Alternative method (PowerShell) — Windows 10/11 Home or prefer command line
If you’re on Windows 10/11 Home or simply prefer a command-line approach, you can create outbound block rules with PowerShell. This method works across editions as long as you have admin access.
1) Open PowerShell as Administrator

• Press Windows + X, choose “Windows PowerShell (Admin)” or search for PowerShell, right-click, and select “Run as administrator.”

2) Create an outbound block rule for a single executable

• Run a command like:
  New-NetFirewallRule -DisplayName "Block AppName outbound" -Direction Outbound -Program "C:\Program Files\Example\AppName\AppName.exe" -Action Block -Profile Any
• Replace the path with the actual executable path. The -Profile Any parameter applies to Domain, Private, and Public networks.

3) Verify the rule

• You can list the rule with:
  Get-NetFirewallRule -DisplayName "Block AppName outbound"
• Confirm that the rule shows as Enabled and Action Block.

4) Add more rules if needed

• If the app uses multiple executables, repeat for each path:
  New-NetFirewallRule -DisplayName "Block AppName updater" -Direction Outbound -Program "C:\Program Files\Example\AppName\Updater.exe" -Action Block -Profile Any

5) Test

• Launch the app and test connectivity as in the GUI method.

Notes on Windows version information

• This guidance applies to Windows 10 and Windows 11, but remember: the Windows Defender Firewall with Advanced Security GUI (wf.msc) is typically available on Windows 10/11 Pro, Enterprise, and Education.

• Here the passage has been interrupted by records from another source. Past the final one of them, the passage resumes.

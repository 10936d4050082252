-- ===== src/Scheduling/Ramp.antt =====
-- How apps/api/src/modules/monitoring/olx-realtime-cadence.ts comes back from a protection
-- incident, alone and inside effective-cadence.ts.
use auto_monitor_bot.Base.{ℕ, ◌+◌, ◌*◌, ◌≤◌, ◌<◌, ◌≡◌, false, ◌⊎◌, Option, none, some, arith}
use auto_monitor_bot.Scheduling.Cadence.{
  Incident, decide_olx_realtime_cadence, CadenceInput, resolve_olx_effective_cadence,
}

-- As time goes on the cadence after an incident never slows down again, and it is never faster
-- than the configured interval and jitter.
pub decide_olx_realtime_cadence-ramps :
    (interval jitter ramp_seconds : ℕ) (incident : Option Incident) (now later : ℕ)
    → now ≤ later
    → let d = decide_olx_realtime_cadence interval jitter ramp_seconds incident in
      ((d later).interval_seconds ≤ (d now).interval_seconds)
      × ((d later).jitter_seconds ≤ (d now).jitter_seconds)
      × (interval ≤ (d later).interval_seconds)
      × (jitter ≤ (d later).jitter_seconds)
unfolding decide_olx_realtime_cadence
decide_olx_realtime_cadence-ramps interval jitter ramp_seconds none now later h = ground arith
decide_olx_realtime_cadence-ramps interval jitter ramp_seconds (some i) now later h = ground arith

-- While an incident is unresolved, or in the first half of the recovery ramp, the cadence that the
-- scheduler applies is at least sixty seconds with ten of jitter, whatever the persisted cadence
-- and the canary say.
pub resolve_olx_effective_cadence-incident :
    (i : CadenceInput) (interval jitter ramp_seconds now : ℕ) (incident : Incident)
    → i.recovery ≡ decide_olx_realtime_cadence interval jitter ramp_seconds (some incident) now
    → ((incident.is_resolved ≡ false)
        ⊎ (incident.recovered_at ≡ none)
        ⊎ ((t : ℕ) × (incident.recovered_at ≡ some t)
            × (0 < ramp_seconds)
            × (2 * now < 2 * t + ramp_seconds * 1000)))
    → (60 ≤ (resolve_olx_effective_cadence i).interval_seconds)
      × (10 ≤ (resolve_olx_effective_cadence i).jitter_seconds)
unfolding decide_olx_realtime_cadence resolve_olx_effective_cadence
resolve_olx_effective_cadence-incident i interval jitter ramp_seconds now incident e h =
    ground arith
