-- ===== src/Shared.antt =====
-- packages/shared/src/utils: what the API and the workers share.
pub mod Metrics
mod Examples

Home editions may lack the GUI, though PowerShell rules work there.
• If you’re on Windows 11 22H2 or Windows 10 version 1809 and later, the steps above are generally consistent. UIs may look slightly different due to theme or minor updates, but the core process remains the same.

Conclusion
Blocking specific apps’ network access with Windows Defender Firewall (Advanced Security) gives you precise control over what connects to the internet. The GUI method is approachable for most users, while PowerShell offers a solid alternative for Home editions or those who prefer scripting. With a little care in selecting the correct executable paths, you can protect your privacy, manage bandwidth, and minimize unwanted network activity without affecting other programs.
Key takeaways

• You can block a specific app’s outbound network access using a per-program rule in WFAS.
• The GUI method is straightforward on Windows 10/11 Pro and above; Home users can achieve the same via PowerShell.
• Always verify the exact executable path and test after creating the rule.
• You can apply the rule to Domain, Private, and Public networks or tailor by profile as needed.
• For apps with multiple executables, create separate rules per executable.

This tutorial was generated to help WindowsForum.com users get the most out of their Windows experience.
Key Takeaways:

• Per-program outbound blocking provides targeted control over internet access.
• Use the GUI in WFAS when available; otherwise, rely on PowerShell for Home editions.
• Test thoroughly after adding a rule to ensure the app is properly blocked.